=== Work item ===
Of the records that follow, copy only the lines from the line containing "mem virt pml4)" to the line containing "(λ g3. rw g3))", both included, exactly as written.

Material for this exercise section start

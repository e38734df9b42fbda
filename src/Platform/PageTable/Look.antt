-- ===== src/Platform/PageTable/Look.antt =====
-- `getPhysAddr` as a function on a tree of tables, one level after the other.
use kush_os_rewrite.Base.{
  ℕ, zero, suc, ◌+◌, ◌-◌, ◌*◌, ◌^◌, ◌<◌, Bool, true, false, not, ◌&&◌, arith, u64, bit_and, not64,
}
use kush_os_rewrite.Base.{
  ◌≡◌, refl, ap, sym, ◌∙◌, ◌⊎◌, inl, inr, ◌==◌, if◌then◌else◌, Bool-cases, done, some, Outcome,
  eq_of_==,
}
use kush_os_rewrite.Platform.PageTable.{
  present, large, table_addr, index, Memory, slot, get_phys_addr, not_canonical, walk_table,
  decode_phys, decode_mode, Lookup, found, not_found,
}
use kush_os_rewrite.Platform.PageTable.Tree.{limit, Levels, IsTree, index-lt}
use kush_os_rewrite.Platform.PageTable.Walk.{walk-present, walk-absent, not_there}

-- A table of level n + 1 is read at this index.
abbrev pub index_at : ℕ → ℕ → ℕ
index_at n virt = index (12 + 9 * n) virt

pub index_at-lt : (n virt : ℕ) → index_at n virt < 512
index_at-lt n virt = index-lt (12 + 9 * n) virt

-- The answers at an entry for a page, and for a large page in a table of level n + 2.
page_answer : ℕ → ℕ → Lookup
page_answer virt e = record {
  status = found;
  out = some (u64 (decode_phys e + bit_and virt 0xfff), decode_mode e);
}

large_answer : ℕ → ℕ → ℕ → Lookup
large_answer n virt e = record {
  status = not_found;
  out = some (
    u64 (
        bit_and (decode_phys e) (not64 (2 ^ (21 + 9 * n) - 1))
        + bit_and virt (2 ^ (21 + 9 * n) - 1)),
    decode_mode e,
  );
}

-- An entry of a table of level n + 2 maps a large page; one of a PML4 cannot.
abbrev pub is_large : ℕ → ℕ → Bool
is_large n e = not (n == 2) && large e

pub leaf : ℕ → ℕ → Lookup
leaf virt e = if present e then page_answer virt e else not_there

pub branch : ℕ → ℕ → ℕ → Lookup → Lookup
branch n virt e below =
    if present e then (if is_large n e then large_answer n virt e else below) else not_there

-- The look-up from a table of level n + 1 on.
unfoldable pub look : ℕ → Memory → ℕ → ℕ → Lookup
look zero mem virt t = leaf virt (mem (slot t (index_at 0 virt)))
look (suc n) mem virt t =
    branch n virt (mem (slot t (index_at (suc n) virt)))
      (look n mem virt (table_addr (mem (slot t (index_at (suc n) virt)))))

-- The entry of a table leads on, or maps a large page.
pub look-leads :
    (n : ℕ) (mem : Memory) (virt t e : ℕ)
    → mem (slot t (index_at (suc n) virt)) ≡ e
    → present e ≡ true
    → is_large n e ≡ false
    → look (suc n) mem virt t ≡ look n mem virt (table_addr e)
unfolding look branch
look-leads n mem virt t e at p g = rw (at, p, g)

pub look-large :
    (n : ℕ) (mem : Memory) (virt t : ℕ)
    → present (mem (slot t (index_at (suc n) virt))) ≡ true
    → is_large n (mem (slot t (index_at (suc n) virt))) ≡ true
    → (o : ℕ × ℕ) × (look (suc n) mem virt t ≡ record { status = not_found; out = some o })
unfolding look branch large_answer
look-large n mem virt t p g =
    let e : ℕ = mem (slot t (index_at (suc n) virt)) in
    (
      (
        u64 (
            bit_and (decode_phys e) (not64 (2 ^ (21 + 9 * n) - 1))
            + bit_and virt (2 ^ (21 + 9 * n) - 1)),
        decode_mode e,
      ),
      rw (p, g),
    )

-- What lies below an entry counts only where the entry leads on.
pub branch_ap :
    (n virt e : ℕ) (a b : Lookup)
    → (present e ≡ true → is_large n e ≡ false → a ≡ b)
    → branch n virt e a ≡ branch n virt e b
unfolding branch
branch_ap n virt e a b h = elim (Bool-cases (present e)) [
  | inr p ↦ rw p
  | inl p ↦ elim (Bool-cases (is_large n e)) [ inl g ↦ rw (p, g) | inr g ↦ rw (p, g, h p g) ]
]

pub branch-absent : (n virt e : ℕ) (a : Lookup) → present e ≡ false → branch n virt e a ≡ not_there
unfolding branch
branch-absent n virt e a p = rw p

pub branch-leads :
    (n virt e : ℕ) (a : Lookup) → present e ≡ true → large e ≡ false → branch n virt e a ≡ a
unfolding branch
branch-leads n virt e a p s = elim (Bool-cases (n == 2)) [
  | inl top ↦ rw (p, top)
  | inr below ↦ rw (p, below, s)
]

-- A look-up that has found a page went on at each entry.
pub branch-found :
    (n virt e : ℕ) (below : Lookup)
    → (branch n virt e below).status ≡ found
    → (present e ≡ true) × (is_large n e ≡ false) × (below.status ≡ found)
unfolding branch large_answer
branch-found n virt e below h = elim (Bool-cases (present e)) [
  | inr p ↦ cc (rw p at h)
  | inl p ↦ elim (Bool-cases (is_large n e)) [
    | inl g ↦ cc (rw (p, g) at h)
    | inr g ↦ (p, g, rw (p, g) at h)
  ]
]

-- A table whose entries are all 0 gives nothing.
pub look-zero :
    (n : ℕ) (mem : Memory) (virt t : ℕ)
    → ((j : ℕ) → j < 512 → mem (slot t j) ≡ 0)
    → look n mem virt t ≡ not_there
unfolding look leaf branch
look-zero zero mem virt t z = rw (z (index_at 0 virt) (index_at-lt 0 virt))
look-zero (suc n) mem virt t z = rw (z (index_at (suc n) virt) (index_at-lt (suc n) virt))

pub large_case : (n e : ℕ) → is_large n e ≡ false → (large e ≡ false) ⊎ (n ≡ 2)
large_case n e g = elim (Bool-cases (n == 2)) [
  | inl top ↦ inr (eq_of_== n 2 top)
  | inr below ↦ inl (rw below at g)
]

-- In a tree, `getPhysAddr` gives this answer.
module _ (early : Bool) (level : Levels) (mem : Memory) (tree : IsTree early level mem)
    (virt : ℕ) where
  -- An entry that leads on reaches a table one level down.
  pub leads_down :
      (n q : ℕ)
      → level q ≡ suc (suc n)
      → present (mem (slot q (index_at (suc n) virt))) ≡ true
      → is_large n (mem (slot q (index_at (suc n) virt))) ≡ false
      → level (table_addr (mem (slot q (index_at (suc n) virt)))) ≡ suc n
  leads_down n q at_level p g =
      tree.down q (index_at (suc n) virt) n at_level (index_at-lt (suc n) virt) p
        (large_case n (mem (slot q (index_at (suc n) virt))) g)

  low_of : (t l : ℕ) → level t ≡ suc l → t < limit early
  low_of t l h = (tree.aligned t (omega (arith, h))).1

  walk-leaf :
      (t : ℕ) (next : ℕ → Outcome Lookup)
      → level t ≡ 1
      → next (mem (slot t (index_at 0 virt)))
        ≡ done (page_answer virt (mem (slot t (index_at 0 virt))))
      → walk_table early mem t (index_at 0 virt) not_there next ≡ done (look 0 mem virt t)
  unfolding look leaf
  walk-leaf t next at_level here = elim (Bool-cases (present (mem (slot t (index_at 0 virt))))) [
    | inl p ↦
        rw
          (
            walk-present early mem t (index_at 0 virt) _ not_there next (low_of t 0 at_level)
                (index_at-lt 0 virt) refl p,
            p,
          )
          here
    | inr p ↦ rw (
      walk-absent early mem t (index_at 0 virt) not_there next (low_of t 0 at_level)
          (index_at-lt 0 virt) p,
      p,
    )
  ]

  walk-branch :
      (n t : ℕ) (next : ℕ → Outcome Lookup)
      → level t ≡ suc (suc n)
      → (present (mem (slot t (index_at (suc n) virt))) ≡ true
          → is_large n (mem (slot t (index_at (suc n) virt))) ≡ false
          → next (mem (slot t (index_at (suc n) virt)))
            ≡ done (look n mem virt (table_addr (mem (slot t (index_at (suc n) virt))))))
      → (is_large n (mem (slot t (index_at (suc n) virt))) ≡ true
          → next (mem (slot t (index_at (suc n) virt)))
            ≡ done (large_answer n virt (mem (slot t (index_at (suc n) virt)))))
      → walk_table early mem t (index_at (suc n) virt) not_there next
        ≡ done (look (suc n) mem virt t)
  unfolding look branch
  walk-branch n t next at_level leads is =
      elim (Bool-cases (present (mem (slot t (index_at (suc n) virt))))) [
        | inr p ↦ rw (
          walk-absent early mem t (index_at (suc n) virt) not_there next (low_of t (suc n) at_level)
              (index_at-lt (suc n) virt) p,
          p,
        )
        | inl p ↦
            walk-present early mem t (index_at (suc n) virt) _ not_there next
              (low_of t (suc n) at_level) (index_at-lt (suc n) virt) refl p
            ∙ elim (Bool-cases (is_large n (mem (slot t (index_at (suc n) virt))))) [
              | inl g ↦ rw (p, g) (is g)
              | inr g ↦ rw (p, g) (leads p g)
            ]
      ]

  pub get_phys_addr-look :
      (pml4 : ℕ)
      → level pml4 ≡ 4
      → not_canonical virt ≡ false
      → get_phys_addr early pml4 mem virt ≡ done (look 3 mem virt pml4)
  unfolding get_phys_addr large_answer page_answer
  get_phys_addr-look pml4 root canonical = rw canonical (
      walk-branch 2 pml4 _ root
        (λ p4 g4.
          walk-branch 1 _ _ (leads_down 2 pml4 root p4 g4)
            (λ p3 g3. rw g3 (
              walk-branch 0 _ _ (leads_down 1 _ (leads_down 2 pml4 root p4 g4) p3 g3)
                (λ p2 g2. rw g2 (
                  walk-leaf _ _
                    (leads_down 0 _ (leads_down 1 _ (leads_down 2 pml4 root p4 g4) p3 g3) p2 g2)
                    refl))
                (λ g2. rw g2)))
            (λ g3. rw g3))
        (λ bad. cc))

pub get_phys_addr-invalid :
    (early : Bool) (pml4 virt : ℕ)
    → not_canonical virt ≡ true
    → (mem mem' : Memory) → get_phys_addr early pml4 mem virt ≡ get_phys_addr early pml4 mem' virt
unfolding get_phys_addr
get_phys_addr-invalid early pml4 virt bad mem mem' = rw bad

-- Trees whose look-ups agree give the same answers.
pub get_phys_addr-same :
    (early : Bool) (level level' : Levels) (mem mem' : Memory)
    → IsTree early level mem
    → IsTree early level' mem'
    → (pml4 other : ℕ) → level pml4 ≡ 4
    → level' pml4 ≡ 4
    → look 3 mem' other pml4 ≡ look 3 mem other pml4
    → get_phys_addr early pml4 mem' other ≡ get_phys_addr early pml4 mem other
get_phys_addr-same early level level' mem mem' tree tree' pml4 other root root' e =
    elim (Bool-cases (not_canonical other)) [
      | inl bad ↦ get_phys_addr-invalid early pml4 other bad mem' mem
      | inr canonical ↦
          get_phys_addr-look early level' mem' tree' other pml4 root' canonical
          ∙ ap done e
          ∙ sym (get_phys_addr-look early level mem tree other pml4 root canonical)
    ]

Material for this exercise section end

=== Your solution ===
      → get_phys_addr early pml4 mem virt ≡ done (look 3 mem virt pml4)
  unfolding get_phys_addr large_answer page_answer
  get_phys_addr-look pml4 root canonical = rw canonical (
      walk-branch 2 pml4 _ root
        (λ p4 g4.
          walk-branch 1 _ _ (leads_down 2 pml4 root p4 g4)
            (λ p3 g3. rw g3 (
              walk-branch 0 _ _ (leads_down 1 _ (leads_down 2 pml4 root p4 g4) p3 g3)
                (λ p2 g2. rw g2 (
                  walk-leaf _ _
                    (leads_down 0 _ (leads_down 1 _ (leads_down 2 pml4 root p4 g4) p3 g3) p2 g2)
                    refl))
                (λ g2. rw g2)))
            (λ g3. rw g3))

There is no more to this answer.